Figure \ref{fig:isordx86-64} shows the x86-64 code generated by the LLVM back-end for isordfrom and isordto. For the sake of comparison with the native code that would be generated for the original non-OSR versions, additions resulting from the IR instrumentation are in grey, while removals are struck-through. Notice that the OSR intrusiveness in isordfrom is minimal, consisting of just two assembly instructions with register and immediate operands. As a result of induction variable canonicalization in the LLVM back-end, loop index i and hotness counter p.osr are fused in register %r12. We also note that tail call optimization is applied in the OSR-firing block, resulting in no stack growth during an OSR. The continuation function isordto is identical to the specialized version of isord with inlined comparator, except that the loop index is passed as a parameter in %rdx and no preamble is needed since OSR jumps directly in the loop body.

Comparison with McOSR.

McOSR \cite{lameed2013modular} is a library for inserting open OSR points in the legacy LLVM JIT, encoding the OSR machinery entirely in IR as OSRKit does.

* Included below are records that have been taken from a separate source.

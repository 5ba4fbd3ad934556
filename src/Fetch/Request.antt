-- ===== src/Fetch/Request.antt =====
-- The request of SP_HW9/52_3: how the client (posixmq_file_client.c) writes it, and the loop of the server
-- (posixmq_file_server.c) with the queues of the clients.
use sp_hw.Base.{
  ℕ, suc, ◌+◌, true, not, List, [], ◌∷◌, ◌++◌, Option, none, some, if◌then◌else◌, ltb, length, take,
  drop, Bytes, codes, cstr, str_eq, Calls,
}
use sp_hw.Fetch.{Response, serve_request, Fetched, receive}

-- sizeof of each array of `struct req`, and of both
abbrev pub name_size : ℕ
name_size = 30

abbrev pub request_size : ℕ
request_size = 60

-- `strcpy` to a place of the request, none if it writes behind the request.
unfoldable pub strcpy_at : ℕ → Bytes → Bytes → Option Bytes
strcpy_at at s mem =
    if ltb (at + length s) request_size
    then some (take at mem ++ (s ++ 0 ∷ drop (suc (at + length s)) mem))
    else none

abbrev pub then_copy : Option Bytes → ℕ → Bytes → Option Bytes
then_copy none at s = none
then_copy (some mem) at s = strcpy_at at s mem

-- The two copies of the client, over what the request holds before.
unfoldable pub fill_request : Bytes → Bytes → Bytes → Option Bytes
unfolding strcpy_at
fill_request name file before = then_copy (strcpy_at 0 name before) name_size file

-- CLIENTMQ_NAME_TEMPLATE, with the digits of the process id
abbrev pub queue_name : Bytes → Bytes
queue_name digits = codes "/myclient" ++ (digits ++ codes "_mq_B103040009")

-- The names that the server reads out of a request.
unfoldable pub named_queue : Bytes → Bytes
unfolding cstr
named_queue mem = cstr mem

unfoldable pub named_file : Bytes → Bytes
unfolding cstr
named_file mem = cstr (drop name_size mem)

-- What `mq_receive` brings to the server: -1 with EINTR, -1 with another error, or a request.
pub data Event : Type 0 where
  interrupted broken : Event
  arrived : Bytes → Event

-- The loop of the server, with the number of the next `fork`: the requests that are handed to a child.
unfoldable pub server_main : Calls → ℕ → List Event → List Bytes
server_main forks k [] = []
server_main forks k (interrupted ∷ events) = server_main forks k events
server_main forks k (broken ∷ events) = []
server_main forks k (arrived mem ∷ events) =
    let rest = server_main forks (suc k) events in if forks k then mem ∷ rest else []

-- What the children send to the queue with a name, by what the files hold; `sends` are the calls of
-- `mq_send` of each child, and `before` what the array of its response holds.
unfoldable pub answers :
    Bytes → Bytes → Calls → (Bytes → Option (List Bytes)) → List Bytes → List Response
unfolding serve_request named_queue named_file
answers own before sends files [] = []
answers own before sends files (mem ∷ requests) =
    let rest = answers own before sends files requests in
    if str_eq (named_queue mem) own
    then serve_request true before sends (files (named_file mem)) ++ rest
    else rest

-- How the client ends: without its one argument, at a call that fails, behind the request's arrays, or with
-- what it has received.
pub data ClientEnd : Type 0 where
  usage fails overwrites : ClientEnd
  fetched : Fetched → ClientEnd

abbrev pub on_request : Calls → Option Bytes → (Bytes → List Response) → ClientEnd
on_request io none reply = overwrites
on_request io (some mem) reply =
    if not (io 2) then fails else if not (io 3) then fails else fetched (receive (reply mem))

-- The client, with its argument, the digits of its process id, what its request holds before and what
-- arrives in its queue behind a request. Its calls are numbered: the two `mq_open`, `mq_send` and `mq_close`.
unfoldable pub client_main :
    Calls → Option Bytes → Bytes → Bytes → (Bytes → List Response) → ClientEnd
unfolding fill_request receive
client_main io none digits before reply = usage
client_main io (some file) digits before reply =
    if not (io 0)
    then fails
    else if not (io 1)
    then fails
    else on_request io (fill_request (queue_name digits) file before) reply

When an OSR is fired, live variables are stored into a pool of globals allocated by the library. McOSR then invokes a user-defined method to transform f into f’ and calls f with empty parameters. The new entrypoint of f checks a global flag to discriminate if it is being invoked in an OSR transition or as a regular call: in the first case, the state is restored from the pool of global variables before jumping to the OSR landing pad. As the new entrypoint can disrupt LLVM optimizations and lead to poorer performance on subsequent invocations of f, McOSR promptly recompiles f after an OSR. However, lessons from the Jikes RVM \cite{fink2003design} suggest that generating a dedicated function to resume the execution (as OSRKit does with \(\textsf{f}\textsf{'}_{\textsf{to}}\)) is likely to yield better performance. OSRKit improves upon McOSR in a number of aspects, including: 1) support for multiple versions of a function active in memory at the same time; 2) support for resolved OSR and compensation code; 3) insertion of OSR points at arbitrary locations (e.g., at function calls), and not only at loop headers; 4) compatibility with the new MCJIT’s design (e.g., a JIT-ted function or module cannot be updated); 5) simpler design that does not require pools of globals to transfer live variables.